_WHAT THIS TASK INVOLVES:_ In the listing below, start your output at the line with "u64 n = n % 18446744073709551616" and end it after the line with "revision_of none = 0", copying every line exactly.

━━━

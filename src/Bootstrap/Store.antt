-- ===== src/Bootstrap/Store.antt =====
-- internal/bootstrap/journal.go: `FileJournalStore`. Its mutex and file lock admit one caller at a
-- time, so a call is one step of `Sys`; no other process writes the file. The zero `Journal` that
-- `Load` returns for a missing file is `none`: a stored journal has version 1.
pub mod Laws
pub mod Saving
pub mod RoundTrip
use sovereignite.Base.{
  Bytes, ℕ, ◌+◌, ◌%◌, ◌^◌, Bool, true, false, not, ◌||◌, Option, none, some, List, [], ◌∷◌, ◌++◌,
  ltb, ◌==◌, fail_if, length, if◌then◌else◌,
}
use sovereignite.Bootstrap.Error
use sovereignite.Bootstrap.Error.{Error, foreign, Result, ok, err, or_err, durability_uncertain}
use sovereignite.Bootstrap.Journal.{Journal, validate_journal}
use sovereignite.Bootstrap.Machine.{
  FilePoint, ensure_private_directory, acquire_lock, inspect_file, open_file, stat_opened,
  create_temporary, set_permissions, write_temporary, sync_temporary, close_temporary,
  rename_temporary, open_directory, sync_directory, close_directory, Env, Sys, M, pure, raise, lift,
  check, ask, ask_value, ◌>>=◌, ◌>>◌,
}

abbrev pub maximum_journal_bytes : ℕ
maximum_journal_bytes = 4194304

-- uint64 arithmetic wraps.
abbrev pub u64 : ℕ → ℕ
u64 n = n % 18446744073709551616

abbrev pub max_uint64 : ℕ
max_uint64 = 18446744073709551615

module _ {W : Type 0} where
  unfoldable pub get_file : M W (Option Bytes)
  get_file s = (ok s.file, s)

  -- The renamed temporary file takes the journal's place.
  unfoldable pub replace_file : Bytes → M W (Unit {0})
  replace_file b s = (ok tt, record s { file = some b })

-- `errors.Join(ErrJournalDurabilityUncertain, err)`.
abbrev pub uncertain : Option ℕ → Option Error
uncertain none = none
uncertain (some n) = some (durability_uncertain (foreign n))

module _ (e : Env) where
  abbrev pub fault : FilePoint → M e.World (Unit {0})
  fault p = ask (e.file_fault p)

  -- What `loadJournalFile` does with the bytes of a file that is there.
  unfoldable pub read_journal : Bytes → M e.World (Option Journal)
  read_journal content = do
    check (
        fail_if (length content == 0 || ltb maximum_journal_bytes (length content))
          (Error.journal_size (length content)))
    fault open_file
    fault stat_opened
    journal ← lift (or_err (e.decode_journal content) Error.journal_decode)
    check (validate_journal journal)
    pure (some journal)

  abbrev pub read_if_there : Option Bytes → M e.World (Option Journal)
  read_if_there none = pure none
  read_if_there (some content) = read_journal content

  unfoldable pub load_journal_file : M e.World (Option Journal)
  load_journal_file = do fault inspect_file; file ← get_file; read_if_there file

  -- `FileJournalStore.Load`.
  unfoldable pub load : M e.World (Option Journal)
  load = do fault ensure_private_directory; fault acquire_lock; load_journal_file

  abbrev pub revision_of : Option Journal → ℕ
  revision_of none = 0
  revision_of (some j) = j.revision

  -- The temporary file, up to its rename.
  unfoldable pub write_journal : Bytes → M e.World (Unit {0})
  write_journal encoded = do
    fault create_temporary
    fault set_permissions
    fault write_temporary
    fault sync_temporary
    fault close_temporary
    fault rename_temporary
    replace_file encoded

  -- The directory is closed even if its sync fails, and the sync's error comes first.
  unfoldable pub sync_directory_entry : M e.World (Unit {0})
  sync_directory_entry = do
    opened ← ask_value (e.file_fault open_directory)
    check (uncertain opened)
    synced ← ask_value (e.file_fault sync_directory)
    closed ← ask_value (e.file_fault close_directory)
    check (uncertain synced)
    check (uncertain closed)

  -- `FileJournalStore.Save`.
  unfoldable pub save : ℕ → Journal → M e.World (Unit {0})
  save expected next = do
    check (
        fail_if (not (next.revision == u64 (expected + 1)))
          (Error.journal_next_revision next.revision (u64 (expected + 1))))
    check (validate_journal next)
    fault ensure_private_directory
    fault acquire_lock
    current ← load_journal_file
    check (
        fail_if (not (revision_of current == expected))
          (Error.journal_conflict (revision_of current) expected))
    marshalled ← lift (or_err (e.marshal_journal next) Error.journal_encode)
    let encoded = marshalled ++ 10 ∷ []
    check (
        fail_if (ltb maximum_journal_bytes (length encoded))
          (Error.journal_encoded_size (length encoded)))
    write_journal encoded
    sync_directory_entry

━━━

_EXPECTED OUTPUT:_
u64 n = n % 18446744073709551616

abbrev pub max_uint64 : ℕ
max_uint64 = 18446744073709551615

module _ {W : Type 0} where
  unfoldable pub get_file : M W (Option Bytes)
  get_file s = (ok s.file, s)

  -- The renamed temporary file takes the journal's place.
  unfoldable pub replace_file : Bytes → M W (Unit {0})
  replace_file b s = (ok tt, record s { file = some b })

-- `errors.Join(ErrJournalDurabilityUncertain, err)`.
abbrev pub uncertain : Option ℕ → Option Error
uncertain none = none
uncertain (some n) = some (durability_uncertain (foreign n))

module _ (e : Env) where
  abbrev pub fault : FilePoint → M e.World (Unit {0})
  fault p = ask (e.file_fault p)

  -- What `loadJournalFile` does with the bytes of a file that is there.
  unfoldable pub read_journal : Bytes → M e.World (Option Journal)
  read_journal content = do
    check (
        fail_if (length content == 0 || ltb maximum_journal_bytes (length content))
          (Error.journal_size (length content)))
    fault open_file
    fault stat_opened
    journal ← lift (or_err (e.decode_journal content) Error.journal_decode)
    check (validate_journal journal)
    pure (some journal)

  abbrev pub read_if_there : Option Bytes → M e.World (Option Journal)
  read_if_there none = pure none
  read_if_there (some content) = read_journal content

  unfoldable pub load_journal_file : M e.World (Option Journal)
  load_journal_file = do fault inspect_file; file ← get_file; read_if_there file

  -- `FileJournalStore.Load`.
  unfoldable pub load : M e.World (Option Journal)
  load = do fault ensure_private_directory; fault acquire_lock; load_journal_file

  abbrev pub revision_of : Option Journal → ℕ
  revision_of none = 0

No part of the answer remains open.